«Riforma del fisco in primo piano e stavolta non deciderà Tremonti»

nostro inviato a Bucarest

Passata la nottata e arrivato il day after della «sberla», Silvio Berlusconi inizia vagamente a metabolizzare il colpo. Il Cavaliere, certo, resta nero, nonostante il sorriso che riesce a sfoggiare quando a metà mattina incrocia i giornalisti nella hall dell’hotel Intercontinental di Bucarest.
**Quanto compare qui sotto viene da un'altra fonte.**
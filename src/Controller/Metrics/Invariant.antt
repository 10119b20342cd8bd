-- ===== src/Controller/Metrics/Invariant.antt =====
-- The history of internal/controller/metrics.go: its order of time, and the seconds that it covers.
use home_bench.Base.{
  All-map, ℕ, zero, suc, ◌+◌, ◌-◌, ◌<◌, ◌≡◌, refl, ap, inl, inr, ◌⊎◌, true, List, [], ◌∷◌, map,
  none, some, Option-cases, arith, ◌==◌, nat_eq, if◌then◌else◌, Bool-cases, All, lookup, insert,
  keys, contains, Distinct, insert-Distinct, ltb, eq_iff, Float64,
}
use home_bench.Protocol.Sample.{AggregatedSample}
use home_bench.Controller.Metrics.{
  Bucket, Slice, MetricsStore, Search, patched, older, passed, search_back, credit_second,
  open_bucket, credit_bucket, new_bucket, credit_point,
}
use home_bench.Controller.Metrics.Order.{Ascending, Below, All-insert}

-- A second is in the history, or after all of it.
abbrev pub InTime : ℕ → List ℕ → Type 0
InTime sec ts = (contains sec ts ≡ true) ⊎ Below ts sec

-- The seconds that the loop of apply credits.
abbrev pub covered : ℕ → ℕ → ℕ → List ℕ
covered zero i sec = []
covered (suc count) i sec = (sec - i) ∷ covered count (i + 1) sec

pub Search-cases :
    {A : Type 0} (r : Search A) → ((l : List A) × (r ≡ patched l)) ⊎ (r ≡ older) ⊎ (r ≡ passed)
Search-cases (patched l) = inl (l, refl)
Search-cases older = inr (inl refl)
Search-cases passed = inr (inr refl)

-- What holds of all entries of a map holds of one that is looked up.
pub lookup-All :
    {A : Type 0} (P : ℕ × A → Type 0) (k : ℕ) (v : A) (m : List (ℕ × A))
    → All P m
    → lookup k m ≡ some v
    → P (k, v)
unfolding lookup
lookup-All P k v [] a h = ground (arith, h)
lookup-All P k v ((j, w) ∷ m) a h = elim (Bool-cases (j == k)) [
  | inl e ↦
      let same : some w ≡ some v = ground (arith, h, e) in
      let same' : w ≡ v = ground (arith, same) in rw (← (eq_iff j k).0 e, ← same') a.0
  | inr n ↦ lookup-All P k v m a.1 (ground (arith, h, n))
]

module _ {F : Type 0} where
  -- The seconds of the history.
  abbrev pub secs : List (AggregatedSample F) → List ℕ
  secs = map λ p. p.timestamp

  -- The history is strictly ascending, and the open buckets, one for each second, are after it.
  pub record IsOrdered (m : MetricsStore F) : Type 0 where
    pub ascending : Ascending (secs m.history)
    pub later : All (λ e. Below (secs m.history) e.0) m.buckets
    pub keyed : All (λ e. e.1.ts ≡ e.0) m.buckets
    pub distinct : Distinct (keys m.buckets)

  -- What a search says of the seconds.
  abbrev Keeps : List ℕ → Search (AggregatedSample F) → Type 0
  Keeps ts (patched l) = secs l ≡ ts
  Keeps ts older = Unit
  Keeps ts passed = Unit

  module _ ⦃f : Float64 F⦄ where
    search_back-Keeps :
        (sec : ℕ) (s : Slice F) (ps : List (AggregatedSample F))
        → Keeps (secs ps) (search_back sec s ps)
    unfolding search_back credit_point
    search_back-Keeps sec s [] = tt
    search_back-Keeps sec s (p ∷ ps) = step (search_back sec s ps) (search_back-Keeps sec s ps)
      where
        step :
            (r : Search (AggregatedSample F))
            → Keeps (secs ps) r
            → Keeps (secs (p ∷ ps)) (elim r [
              | patched l ↦ patched (p ∷ l)
              | older ↦ older
              | passed ↦
                  if ltb sec p.timestamp
                  then passed
                  else if p.timestamp == sec
                  then patched (credit_point s p ∷ ps)
                  else older
            ])
        step (patched l) k = ap (λ ts. p.timestamp ∷ ts) k
        step older k = tt
        step passed k = ground arith

    -- A search for a second before all of the points passes them all.
    pub search_back_passed :
        (sec : ℕ) (s : Slice F) (ps : List (AggregatedSample F))
        → All (λ t. sec < t) (secs ps)
        → search_back sec s ps ≡ passed
    unfolding search_back
    search_back_passed sec s [] h = refl
    search_back_passed sec s (p ∷ ps) h = rw (search_back_passed sec s ps h.1) (ground (arith, h.0))

    -- A second of an ascending history is found.
    search_back_found :
        (sec : ℕ) (s : Slice F) (ps : List (AggregatedSample F))
        → Ascending (secs ps)
        → contains sec (secs ps) ≡ true
        → (l : List (AggregatedSample F)) × (search_back sec s ps ≡ patched l)
    unfolding search_back contains
    search_back_found sec s [] a h = ground arith
    search_back_found sec s (p ∷ ps) a h = elim (Bool-cases (p.timestamp == sec)) [
      | inl e ↦
          let none_later : All (λ t. sec < t) (secs ps) =
            All-map (λ t q. ground (arith, e, q)) (secs ps) a.0 in
          (credit_point s p ∷ ps, rw (search_back_passed sec s ps none_later) (ground (arith, e)))
      | inr n ↦ let (l, q) = search_back_found sec s ps a.1 (ground arith) in (p ∷ l, rw q refl)
    ]

    -- What creditSecond leaves of an ordered store.
    abbrev pub Credited : MetricsStore F → MetricsStore F → Type 0
    Credited m n = IsOrdered n × (secs n.history ≡ secs m.history)

    open_bucket-Credited :
        (sec : ℕ) (s : Slice F) (m : MetricsStore F)
        → Below (secs m.history) sec
        → IsOrdered m
        → Credited m (open_bucket sec s m)
    unfolding open_bucket new_bucket
    open_bucket-Credited sec s m h v = (
      record {
        ascending = v.ascending;
        later = All-insert (λ e. Below (secs m.history) e.0) sec _ m.buckets h v.later;
        keyed = All-insert (λ e. e.1.ts ≡ e.0) sec _ m.buckets refl v.keyed;
        distinct = insert-Distinct sec _ m.buckets v.distinct;
      },
      refl,
    )

    -- The three ways that creditSecond can take.
    pub credit_some :
        (sec : ℕ) (s : Slice F) (m : MetricsStore F) (b : Bucket F)
        → lookup sec m.buckets ≡ some b
        → credit_second sec s m ≡ record m { buckets = insert sec (credit_bucket s b) m.buckets }
    unfolding credit_second
    credit_some sec s m b q = rw (credit_second, q) refl

    pub credit_patched :
        (sec : ℕ) (s : Slice F) (m : MetricsStore F) (l : List (AggregatedSample F))
        → lookup sec m.buckets ≡ none
        → search_back sec s m.history ≡ patched l
        → credit_second sec s m ≡ record m { history = l }
    unfolding credit_second
    credit_patched sec s m l n q = rw (credit_second, n, q) refl

    pub credit_open :
        (sec : ℕ) (s : Slice F) (m : MetricsStore F)
        → lookup sec m.buckets ≡ none
        → (search_back sec s m.history ≡ older) ⊎ (search_back sec s m.history ≡ passed)
        → credit_second sec s m ≡ open_bucket sec s m
    unfolding credit_second
    credit_open sec s m n (inl q) = rw (credit_second, n, q) refl
    credit_open sec s m n (inr q) = rw (credit_second, n, q) refl

    -- A second that is in time and not found is after all of the history.
    unfound_Below :
        (sec : ℕ) (s : Slice F) (m : MetricsStore F)
        → InTime sec (secs m.history)
        → Ascending (secs m.history)
        → (search_back sec s m.history ≡ older) ⊎ (search_back sec s m.history ≡ passed)
        → Below (secs m.history) sec
    unfound_Below sec s m (inr h) a q = h
    unfound_Below sec s m (inl h) a (inl q) =
        let (l, found) = search_back_found sec s m.history a h in cc
    unfound_Below sec s m (inl h) a (inr q) =
        let (l, found) = search_back_found sec s m.history a h in cc

    pub credit_second-Credited :
        (sec : ℕ) (s : Slice F) (m : MetricsStore F)
        → InTime sec (secs m.history)
        → IsOrdered m
        → Credited m (credit_second sec s m)
    unfolding credit_bucket
    credit_second-Credited sec s m h v = elim (Option-cases (lookup sec m.buckets)) [
      | inr (b, q) ↦ rw (credit_some sec s m b q) (credited_some b q)
      | inl n ↦ elim (Search-cases (search_back sec s m.history)) [
        | inl (l, q) ↦ rw (credit_patched sec s m l n q) (credited_patched l q)
        | inr q ↦
            rw (credit_open sec s m n q)
              (open_bucket-Credited sec s m (unfound_Below sec s m h v.ascending q) v)
      ]
    ]
      where
        later_P : ℕ × Bucket F → Type 0
        later_P e = Below (secs m.history) e.0

        credited_some :
            (b : Bucket F)
            → lookup sec m.buckets ≡ some b
            → Credited m (record m { buckets = insert sec (credit_bucket s b) m.buckets })
        credited_some b q = (
          record {
            ascending = v.ascending;
            later =
                All-insert later_P sec _ m.buckets (lookup-All later_P sec b m.buckets v.later q)
                  v.later;
            keyed =
                All-insert (λ e. e.1.ts ≡ e.0) sec (credit_bucket s b) m.buckets
                  (lookup-All (λ e. e.1.ts ≡ e.0) sec b m.buckets v.keyed q) v.keyed;
            distinct = insert-Distinct sec _ m.buckets v.distinct;
          },
          refl,
        )

        credited_patched :
            (l : List (AggregatedSample F))
            → search_back sec s m.history ≡ patched l
            → Credited m (record m { history = l })
        credited_patched l q =
            let same : secs l ≡ secs m.history = rw q at (search_back-Keeps sec s m.history) in
            (
              record {
                ascending = rw same v.ascending;
                later = rw same v.later;
                keyed = v.keyed;
                distinct = v.distinct;
              },
              same,
            )
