-- ===== src/Controller/Metrics/Timeline.antt =====
-- The history of internal/controller/metrics.go over its events.
use home_bench.Base.{
  All-map, All-append, All-select, All-both, All-passed, ℕ, zero, suc, ◌+◌, ◌-◌, ◌*◌, ◌≤◌, ◌<◌, ◌≡◌,
  refl, ap, ◌∙◌, inl, inr, Bool, not, List, [], ◌∷◌, ◌++◌, map, Option-cases, arith, nat_eq,
  if◌then◌else◌, if_elim, All, select, lookup, insert, keys, Distinct, insert-Distinct,
  keys-select-Distinct, ltb, Float64,
}
use home_bench.Protocol.Interval.{second}
use home_bench.Protocol.Sample.{AggregatedSample}
use home_bench.Controller.Metrics.{
  Bucket, Slice, MetricsStore, credit_second, flush_closed, ensure_loop, history_retention,
  next_second, ensure_seconds_through, drop_before, trim, credit_loop, sort_due, point_of,
  zero_bucket,
}
use home_bench.Controller.Metrics.Order.{
  Ascending, Below, Below-trans, Ascending-append, All-swap, All-sort_due, All-insert, All-keys,
  sort_due-Ascending,
}
use home_bench.Controller.Metrics.Invariant.{
  secs, IsOrdered, InTime, covered, Credited, credit_second-Credited,
}

module _ {F : Type 0} ⦃f : Float64 F⦄ where
  pub credit_loop-Credited :
      (count i sec : ℕ) (s : Slice F) (m : MetricsStore F)
      → All (λ k. InTime k (secs m.history)) (covered count i sec)
      → IsOrdered m
      → Credited m (credit_loop count i sec s m)
  unfolding credit_loop
  credit_loop-Credited zero i sec s m h v = (v, refl)
  credit_loop-Credited (suc count) i sec s m h v =
      let (v', e) = credit_second-Credited (sec - i) s m h.0 v in
      let (v'', e') =
        credit_loop-Credited count (i + 1) sec s (credit_second (sec - i) s m) (rw e h.1) v' in
      (v'', e' ∙ e)

  secs-points :
      (due : List (ℕ × Bucket F))
      → All (λ e. e.1.ts ≡ e.0) due
      → secs (map (λ e. point_of e.1) due) ≡ keys due
  unfolding point_of
  secs-points [] h = refl
  secs-points (e ∷ due) h = rw (h.0, secs-points due h.1) refl

  pub secs-append : (ps qs : List (AggregatedSample F)) → secs (ps ++ qs) ≡ secs ps ++ secs qs
  secs-append [] qs = refl
  secs-append (p ∷ ps) qs = ap (λ ts. p.timestamp ∷ ts) (secs-append ps qs)

  pub flush_closed-IsOrdered :
      (now : ℕ) (m : MetricsStore F) → IsOrdered m → IsOrdered (flush_closed now m)
  unfolding flush_closed
  flush_closed-IsOrdered now m v = record {
    ascending = rw new_secs (
        Ascending-append hist (keys due) v.ascending
          (sort_due-Ascending chosen (keys-select-Distinct old m.buckets v.distinct))
          (All-swap hist (keys due) (All-keys (Below hist) due due_later)));
    later =
        rw new_secs
          (All-map (λ e p. All-append (λ t. t < e.0) hist (keys due) p.0 p.1) kept kept_later);
    keyed = All-select (λ e. e.1.ts ≡ e.0) (λ e. not (ltb e.0 now)) m.buckets v.keyed;
    distinct = keys-select-Distinct (λ e. not (ltb e.0 now)) m.buckets v.distinct;
  }
    where
      old : ℕ × Bucket F → Bool
      old e = ltb e.0 now

      hist : List ℕ
      hist = secs m.history

      chosen : List (ℕ × Bucket F)
      chosen = select old m.buckets

      due : List (ℕ × Bucket F)
      due = sort_due chosen

      kept : List (ℕ × Bucket F)
      kept = select (λ e. not (ltb e.0 now)) m.buckets

      due_later : All (λ e. Below hist e.0) due
      due_later =
          All-sort_due (λ e. Below hist e.0) chosen
            (All-select (λ e. Below hist e.0) old m.buckets v.later)

      new_secs : secs (m.history ++ map (λ e. point_of e.1) due) ≡ hist ++ keys due
      new_secs =
          secs-append m.history (map (λ e. point_of e.1) due)
          ∙ ap (λ ts. hist ++ ts)
              (secs-points due (
                All-sort_due (λ e. e.1.ts ≡ e.0) chosen
                  (All-select (λ e. e.1.ts ≡ e.0) old m.buckets v.keyed)))

      due_old : Below (keys due) now
      due_old =
          All-keys (λ k. k < now) due
            (All-sort_due (λ e. e.0 < now) chosen
              (All-map (λ e p. ground (arith, p)) chosen (All-passed old m.buckets)))

      kept_later : All (λ e. Below hist e.0 × Below (keys due) e.0) kept
      kept_later =
          All-both (λ e. Below hist e.0) (λ e. Below (keys due) e.0) kept
            (All-select (λ e. Below hist e.0) (λ e. not (ltb e.0 now)) m.buckets v.later)
            (All-map (λ e p. Below-trans (keys due) now e.0 (ground (arith, p)) due_old) kept
              (All-passed (λ e. not (ltb e.0 now)) m.buckets))

  -- What the invariant says of the buckets.
  abbrev Follow : List ℕ → List (ℕ × Bucket F) → Type 0
  Follow ts bs = All (λ e. Below ts e.0) bs × All (λ e. e.1.ts ≡ e.0) bs × Distinct (keys bs)

  ensure_loop-Follow :
      (count sec : ℕ) (ts : List ℕ) (bs : List (ℕ × Bucket F))
      → Below ts sec
      → Follow ts bs
      → Follow ts (ensure_loop count sec bs)
  unfolding ensure_loop zero_bucket
  ensure_loop-Follow zero sec ts bs h v = v
  ensure_loop-Follow (suc count) sec ts bs h v =
      let h' = Below-trans ts sec (sec + 1) (omega arith) h in
      elim (Option-cases (lookup sec bs)) [
        | inl n ↦ rw n (
            ensure_loop-Follow count (sec + 1) ts (insert sec (zero_bucket sec) bs) h' (
              All-insert (λ e. Below ts e.0) sec (zero_bucket sec) bs h v.0,
              All-insert (λ e. e.1.ts ≡ e.0) sec (zero_bucket sec) bs refl v.1,
              insert-Distinct sec (zero_bucket sec) bs v.2,
            ))
        | inr (b, q) ↦ rw q (ensure_loop-Follow count (sec + 1) ts bs h' v)
      ]

  next_second-Below :
      (now : ℕ) (ps : List (AggregatedSample F))
      → Ascending (secs ps)
      → Below (secs ps) (next_second now ps)
  unfolding next_second
  next_second-Below now [] a = tt
  next_second-Below now (p ∷ []) a = (omega arith, tt)
  next_second-Below now (p ∷ q ∷ ps) a =
      let rest = next_second-Below now (q ∷ ps) a.1 in (omega (arith, rest.0, a.0.0), rest)

  pub ensure-IsOrdered :
      (now : ℕ) (m : MetricsStore F) → IsOrdered m → IsOrdered (ensure_seconds_through now m)
  unfolding ensure_seconds_through
  ensure-IsOrdered now m v =
      let start : ℕ = next_second now m.history in
      let bounded : ℕ = if ltb 120 (now - start) then now - 120 else start in
      let not_before : start ≤ bounded = ground arith in
      let after =
        Below-trans (secs m.history) start bounded not_before
          (next_second-Below now m.history v.ascending) in
      let (l, k, d) =
        ensure_loop-Follow (now + 1 - bounded) bounded (secs m.history) m.buckets after
          (v.later, v.keyed, v.distinct) in
      if_elim IsOrdered (ltb now start) (λ _. v)
        (λ _. record { ascending = v.ascending; later = l; keyed = k; distinct = d })

  All-drop_before :
      (P : ℕ → Type 0) (now : ℕ) (ps : List (AggregatedSample F))
      → All P (secs ps)
      → All P (secs (drop_before now ps))
  unfolding drop_before
  All-drop_before P now [] h = tt
  All-drop_before P now (p ∷ ps) h =
      if_elim (λ (l : List (AggregatedSample F)). All P (secs l))
        (ltb (p.timestamp * second + history_retention) now) (λ _. All-drop_before P now ps h.1)
        (λ _. h)

  drop_before-Ascending :
      (now : ℕ) (ps : List (AggregatedSample F))
      → Ascending (secs ps)
      → Ascending (secs (drop_before now ps))
  unfolding drop_before
  drop_before-Ascending now [] a = tt
  drop_before-Ascending now (p ∷ ps) a =
      if_elim (λ (l : List (AggregatedSample F)). Ascending (secs l))
        (ltb (p.timestamp * second + history_retention) now) (λ _. drop_before-Ascending now ps a.1)
        (λ _. a)

  pub trim-IsOrdered : (now : ℕ) (m : MetricsStore F) → IsOrdered m → IsOrdered (trim now m)
  unfolding trim
  trim-IsOrdered now m v = record {
    ascending = drop_before-Ascending now m.history v.ascending;
    later = All-map (λ e p. All-drop_before (λ t. t < e.0) now m.history p) m.buckets v.later;
    keyed = v.keyed;
    distinct = v.distinct;
  }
Come la sera prima, infatti, nasconde dietro un buon umore di facciata e qualche battuta quel che davvero gli passa per la testa. «Ho fatto una riunione perché volevo fissare la data del mio funerale – dice ai cronisti – ma nei prossimi giorni ho troppi impegni e quindi rimandiamo».
Il messaggio è chiaro: Berlusconi non molla e non farà passi indietro. Tutto il resto, però, è possibile. A partire da un deciso rilancio dell’azione di governo sul fronte economico, con al primo punto la riforma fiscale. Il Cavaliere – e ne parla anche nella telefonata mattutina con Umberto Bossi – è infatti convinto che sia arrivato il momento di un chiarimento definitivo con Giulio Tremonti. «Deve decidere – è il senso dei ragionamenti del premier – se è della partita anche lui oppure no». Traduzione: questa volta se ci si impegna su una riforma o su un provvedimento non gli sarà permesso di sfilarsi in corso d’opera con la solita litania del rigore dei conti. Il rigore – lo ripete spesso Berlusconi nelle sue conversazioni private – è stato sicuramente un merito di Tremonti, ma è arrivato il momento di mettere in atto politiche per la crescita. Che devono essere decise a Palazzo Chigi e non al ministero dell’Economia.
Il precedente, che ha fatto perdere la pazienza anche a uno solitamente calmo come Gianni Letta, è quello del decreto sullo Sviluppo visto che tutte le riunioni si sono tenute a via XX Settembre. Insomma, secondo Berlusconi è arrivato il momento di creare una vera e propria cabina di regia che potrebbe essere composta da qualche economista e qualche ministro. Comunque un gruppo ristretto che possa prendere decisioni concrete e rapide. Un’idea su cui il premier pare intenzionato a non far passi indietro tanto che in una delle tante conversazioni private degli ultimi giorni all’interlocutore che gli obiettava che Giulio non avrebbe mai accettato ha risposto in maniera piuttosto tranchant: vorrà dire che questa volta sarò io ad accettare le sue dimissioni. Non a caso il Cavaliere torna sull’argomento anche nel pomeriggio, durante il ricevimento nei giardini del Quirinale per la festa della Repubblica: «Al primo punto dell’agenda c’è la riforma del fisco. E non è Tremonti che decide, lui propone». Piuttosto eloquente.
Ma tutto può succedere anche sul fronte del Pdl. Perché se è vero che un cambio della guardia al vertice è in questo momento difficile da realizzare bisogna anche tenere conto dei movimenti tellurici che stanno scuotendo il partito dalle fondamenta. Insomma, non è detto che una «rivoluzione» a breve non sia possibile, tanto che c’è chi spiega il rinvio dell’ufficio di presidenza del Pdl a questa sera come un modo per prendere tempo ed avere le idee più chiare sul da farsi. Sul tavolo c’è anche l’ipotesi di aprire alle primarie perché, dice il premier, «personalmente sono per tutto ciò che è espressione dell’opinione pubblica» e «se la gente sceglie viene fuori quello che piace alla gente» anche «se mi sono sempre chiesto come fai a sapere chi viene a votare. A sinistra hanno funzionato perché sono venuti fuori candidati che non appartengono al Pd. Il Pd ha perso le primarie».
Poi, qualche rimorso per non avere candidato a Napoli Mara Carfagna («con lei avremmo vinto ma non volevamo consegnarla alla camorra») e una certezza: «Abbiamo subito un gol ma stiamo ancora 4 a 1, perché abbiamo vinto politiche, regionali, amministrative, europee e abbiamo ancora due anni di gioco. Quindi...». Quindi, è il senso del suo discorso, si ricomincia da qui.

E dall’ufficio di presidenza del Pdl in programma oggi alle 18. Quanto alla verifica parlamentare sul governo, prevista per l’ultima settimana di giugno, il premier ostenta sicurezza: «Non c’è alcuna preoccupazione, zero virgola zero».